Vulnerability Monitor

The vendors, products, and vulnerabilities you care about

CVE-2023-51651

AWS SDK for PHP is the Amazon Web Services software development kit for PHP. Within the scope of requests to S3 object keys and/or prefixes containing a Unix double-dot, a URI path traversal is possible. The issue exists in the `buildEndpoint` method in the RestSerializer component of the AWS SDK for PHP v3 prior to 3.288.1. The `buildEndpoint` method relies on the Guzzle Psr7 UriResolver utility, which strips dot segments from the request path in accordance with RFC 3986. Under certain conditions, this could lead to an arbitrary object being accessed. This issue has been patched in version 3.288.1.

Security Impact Summary

This vulnerability carries a MEDIUM severity rating with a CVSS v3.1 score of 6.0, requiring local system access to exploit with relatively low complexity without requiring user interaction . The vulnerability impacts confidentiality (data exposure), integrity (unauthorized modifications), for affected systems. Impacting 1 product from amazon organizations running these solutions should prioritize assessment and patching.

Historical Context

Reported in 2023, this vulnerability emerged during an era marked by increased sophistication in supply chain attacks, cloud infrastructure vulnerabilities, and software-as-a-service (SaaS) security challenges. Security practices during this period emphasized zero-trust architectures, container security, and API protection.

Published

2023-12-22T21:15:09.700

Last Modified

2024-11-21T08:38:32.420

Status

Modified

Source

[email protected]

Severity

CVSSv3.1: 6.0 (MEDIUM)

Weaknesses

Type: Secondary
CWE-22

Affected Vendors & Products

Type	Vendor	Product	Version/Range	Vulnerable?
Application	amazon	aws_software_development_kit	< 3.288.1	Yes

References

https://github.com/aws/aws-sdk-php/commit/aebc9f801438746ac4ade327551576cb75f635f2 Patch ([email protected])
https://github.com/aws/aws-sdk-php/releases/tag/3.288.1 Release Notes ([email protected])
https://github.com/aws/aws-sdk-php/security/advisories/GHSA-557v-xcg6-rm5m Third Party Advisory ([email protected])
https://github.com/aws/aws-sdk-php/commit/aebc9f801438746ac4ade327551576cb75f635f2 Patch (af854a3a-2127-422b-91ae-364da2661108)
https://github.com/aws/aws-sdk-php/releases/tag/3.288.1 Release Notes (af854a3a-2127-422b-91ae-364da2661108)
https://github.com/aws/aws-sdk-php/security/advisories/GHSA-557v-xcg6-rm5m Third Party Advisory (af854a3a-2127-422b-91ae-364da2661108)
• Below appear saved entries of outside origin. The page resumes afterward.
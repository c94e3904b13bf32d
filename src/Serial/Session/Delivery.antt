-- ===== src/Serial/Session/Delivery.antt =====
-- What an attached client reads.
use mathlib.Core.List.{append-nil, append_assoc}
use app_runner.Prelude.{
  ℕ, ◌≡◌, ◌≢◌, ◌⊎◌, inl, inr, refl, sym, ap, subst, ◌∙◌, Bool, true, false, Option, none, some,
  List, [], ◌∷◌, ◌++◌, take, drop, take-append-drop, arith,
}
use app_runner.Serial.Session.{
  Session, Stream, ReadResult, bytes, eof, blocked, publish, lost_upstream, attach, stream,
  read_from, read, history_queue,
}

abbrev pub joined : List (List ℕ) → List ℕ
joined [] = []
joined (c ∷ cs) = c ++ joined cs

joined-append : (cs ds : List (List ℕ)) → joined (cs ++ ds) ≡ joined cs ++ joined ds
joined-append [] ds = refl
joined-append (c ∷ cs) ds = simp (joined-append cs ds, append_assoc)

-- The bytes that a stream still has to hand out.
abbrev pub owed : Stream → Session → List ℕ
owed r s = r.current ++ joined (s.channel r.attachment).queue

abbrev pub received : ReadResult → List ℕ
received (bytes b) = b
received eof = []
received blocked = []

-- What happens while a client is attached: output, the loss of the upstream, and reads.
pub data ClientEvent : Type 0 where
  written : List ℕ → ClientEvent
  dropped : ℕ → ClientEvent
  reads : ℕ → ClientEvent

abbrev pub produced : List ClientEvent → List ℕ
produced [] = []
produced (written chunk ∷ es) = chunk ++ produced es
produced (_ ∷ es) = produced es

-- The stream, the session and what the client has read.
pub follow : Stream → Session → List ClientEvent → Stream × Session × List ℕ
follow r s [] = (r, s, [])
follow r s (written chunk ∷ es) = follow r (publish chunk s) es
follow r s (dropped c ∷ es) = follow r (lost_upstream c s) es
follow r s (reads n ∷ es) =
    let (r', s', result) = read n r s in
    let (r'', s'', got) = follow r' s' es in (r'', s'', received result ++ got)

read_from-owed :
    (n : ℕ) (c : List ℕ) (q : List (List ℕ)) (b : Bool)
    → let (c', q', result) = read_from n c q b in
      received result ++ (c' ++ joined q') ≡ c ++ joined q
unfolding read_from
read_from-owed n (x ∷ c) q b =
    sym (append_assoc (take n (x ∷ c)) (drop n (x ∷ c)) (joined q))
    ∙ ap (λ t. t ++ joined q) (take-append-drop n (x ∷ c))
read_from-owed n [] [] true = refl
read_from-owed n [] [] false = refl
read_from-owed n [] (k ∷ q) b = read_from-owed n k q b

-- A read hands out the front of what is owed.
read-owed :
    (n : ℕ) (r : Stream) (s : Session)
    → let (r', s', result) = read n r s in received result ++ owed r' s' ≡ owed r s
unfolding read
read-owed n r s = ground (
  arith,
  read_from-owed n r.current (s.channel r.attachment).queue (s.channel r.attachment).closed,
)

queue-publish :
    (i : ℕ) (s : Session) (chunk : List ℕ)
    → (publish chunk s).attached ≡ some i
    → ((publish chunk s).channel i).queue ≡ (s.channel i).queue ++ chunk ∷ []
unfolding publish
queue-publish i s chunk h = ground arith

-- A client that is cut off, or another client's, gets none of the output.
queue-publish_cut :
    (i : ℕ) (s : Session) (chunk : List ℕ)
    → (publish chunk s).attached ≢ some i
    → ((publish chunk s).channel i).queue ≡ (s.channel i).queue
unfolding publish
queue-publish_cut i s chunk h = ground arith

attached-publish :
    (i : ℕ) (s : Session) (chunk : List ℕ)
    → (publish chunk s).attached ≡ some i
    → s.attached ≡ some i
unfolding publish
attached-publish i s chunk h = ground arith

publish-owed :
    (r : Stream) (s : Session) (chunk : List ℕ)
    → (publish chunk s).attached ≡ some r.attachment
    → owed r (publish chunk s) ≡ owed r s ++ chunk
publish-owed r s chunk h =
    ap (λ q. r.current ++ joined q) (queue-publish r.attachment s chunk h)
    ∙ ap (◌++◌ r.current) (
        joined-append (s.channel r.attachment).queue (chunk ∷ [])
        ∙ ap (◌++◌ (joined (s.channel r.attachment).queue)) (append-nil chunk))
    ∙ sym (append_assoc r.current (joined (s.channel r.attachment).queue) chunk)

publish-owed_cut :
    (r : Stream) (s : Session) (chunk : List ℕ)
    → (publish chunk s).attached ≢ some r.attachment
    → owed r (publish chunk s) ≡ owed r s
publish-owed_cut r s chunk h =
    ap (λ q. r.current ++ joined q) (queue-publish_cut r.attachment s chunk h)

queue-lost_upstream :
    (i c : ℕ) (s : Session) → ((lost_upstream c s).channel i).queue ≡ (s.channel i).queue
unfolding lost_upstream
queue-lost_upstream i c s = ground arith

attached-lost_upstream : (c : ℕ) (s : Session) → (lost_upstream c s).attached ≡ none
unfolding lost_upstream
attached-lost_upstream c s = ground arith

read_keeps :
    (n : ℕ) (r : Stream) (s : Session)
    → ((read n r s).0.attachment ≡ r.attachment) × ((read n r s).1.attached ≡ s.attached)
unfolding read
read_keeps n r s = (refl, refl)

attached_cases : (o : Option ℕ) (i : ℕ) → (o ≡ some i) ⊎ (o ≢ some i)
attached_cases none i = inr (λ e. cc)
attached_cases (some j) i = ground arith

-- A client that is cut off reads what was owed to it at that moment, and nothing else.
follow_cut :
    (r : Stream) (s : Session) (es : List ClientEvent)
    → s.attached ≢ some r.attachment
    → let (r', s', got) = follow r s es in
      (got ++ owed r' s' ≡ owed r s) × (s'.attached ≢ some r'.attachment)
unfolding follow
follow_cut r s [] h = (refl, h)
follow_cut r s (written chunk ∷ es) h =
    let still : (publish chunk s).attached ≢ some r.attachment =
      λ e. h (attached-publish r.attachment s chunk e) in
    let (p, q) = follow_cut r (publish chunk s) es still in
    (p ∙ publish-owed_cut r s chunk still, q)
follow_cut r s (dropped c ∷ es) h =
    let (p, q) = follow_cut r (lost_upstream c s) es (ground (arith, attached-lost_upstream c s)) in
    (p ∙ ap (λ q. r.current ++ joined q) (queue-lost_upstream r.attachment c s), q)
follow_cut r s (reads n ∷ es) h =
    let r1 : Stream = (read n r s).0 in
    let s1 : Session = (read n r s).1 in
    let (p, q) = follow_cut r1 s1 es (ground (arith, read_keeps n r s)) in
    (
      append_assoc (received (read n r s).2) (follow r1 s1 es).2 _
          ∙ ap (◌++◌ (received (read n r s).2)) p
          ∙ read-owed n r s,
      q,
    )

-- What a client has read and is still owed, followed by a rest that is empty while it stays
-- attached, is all that was owed at first and all that was produced since.
abbrev pub Delivered : List ℕ → Stream × Session × List ℕ → Type 0
Delivered all (r', s', got) =
    (rest : List ℕ) × ((got ++ owed r' s') ++ rest ≡ all)
    × ((rest ≡ []) ⊎ (s'.attached ≢ some r'.attachment))

Delivered-cut :
    (r : Stream) (s : Session) (es : List ClientEvent) (all more : List ℕ)
    → s.attached ≢ some r.attachment
    → owed r s ++ more ≡ all
    → Delivered all (follow r s es)
Delivered-cut r s es all more h e =
    let (p, q) = follow_cut r s es h in (more, ap (λ t. t ++ more) p ∙ e, inr q)

follow-Delivered :
    (r : Stream) (s : Session) (es : List ClientEvent)
    → s.attached ≡ some r.attachment
    → Delivered (owed r s ++ produced es) (follow r s es)
unfolding follow
follow-Delivered r s [] h = ([], append-nil _ ∙ sym (append-nil _), inl refl)
follow-Delivered r s (written chunk ∷ es) h =
    elim (attached_cases (publish chunk s).attached r.attachment) [
      | inl still ↦
          subst (λ all. Delivered all (follow r (publish chunk s) es))
            (ap (λ t. t ++ produced es) (publish-owed r s chunk still)
              ∙ append_assoc (owed r s) chunk (produced es))
            (follow-Delivered r (publish chunk s) es still)
      | inr cut ↦
          Delivered-cut r (publish chunk s) es _ (chunk ++ produced es) cut
            (ap (λ t. t ++ (chunk ++ produced es)) (publish-owed_cut r s chunk cut))
    ]
follow-Delivered r s (dropped c ∷ es) h =
    Delivered-cut r (lost_upstream c s) es _ (produced es)
      (ground (arith, attached-lost_upstream c s))
      (ap (λ q. (r.current ++ joined q) ++ produced es) (queue-lost_upstream r.attachment c s))
follow-Delivered r s (reads n ∷ es) h =
    let r1 : Stream = (read n r s).0 in
    let s1 : Session = (read n r s).1 in
    let (rest, p, q) = follow-Delivered r1 s1 es (ground (arith, read_keeps n r s)) in
    let a : List ℕ = received (read n r s).2 in
    let (r', s', got) = follow r1 s1 es in
    (
      rest,
      ap (λ t. t ++ rest) (append_assoc a got (owed r' s'))
          ∙ append_assoc a (got ++ owed r' s') rest
          ∙ ap (◌++◌ a) p
          ∙ sym (append_assoc a (owed r1 s1) (produced es))
          ∙ ap (λ t. t ++ produced es) (read-owed n r s),
      q,
    )

attach_facts :
    (s : Session) (i : ℕ)
    → (attach s).1 ≡ stream i
    → ((attach s).0.attached ≡ some i) × (((attach s).0.channel i).queue ≡ history_queue s.history)
unfolding attach
attach_facts s i h = ground arith

joined-history_queue : (h : List ℕ) → joined (history_queue h) ≡ h
joined-history_queue [] = refl
joined-history_queue (b ∷ h) = append-nil (b ∷ h)

-- A stream has no gap: from an Attach that succeeds, a client that reads in any portions, while the
-- guest writes and the upstream may be lost, has read and is owed the retained history and all
-- output since, in order; the rest that it misses is empty as long as it stays attached.
pub attach-follow :
    (s : Session) (i : ℕ) (es : List ClientEvent)
    → (attach s).1 ≡ stream i
    → Delivered
        (s.history ++ produced es)
        (follow (record { attachment = i; current = []; closed = false }) (attach s).0 es)
attach-follow s i es h =
    let (a, q) = attach_facts s i h in
    subst
      (λ t.
        Delivered (t ++ produced es)
          (follow (record { attachment = i; current = []; closed = false }) (attach s).0 es))
      (ap joined q ∙ joined-history_queue s.history)
      (follow-Delivered (record { attachment = i; current = []; closed = false }) (attach s).0 es a)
How SecUtils Interprets This CVE

SecUtils normalizes and enriches National Vulnerability Database (NVD) records by standardizing vendor and product identifiers, aggregating vulnerability metadata from both NVD and MITRE sources, and providing structured context for security teams. For amazon's affected products, we extract Common Platform Enumeration (CPE) data, Common Weakness Enumeration (CWE) classifications, CVSS severity metrics, and reference data to enable rapid vulnerability prioritization and asset correlation. This record contains no exploit code, proof-of-concept instructions, or attack methodologies—only defensive intelligence necessary for patch management, risk assessment, and security operations.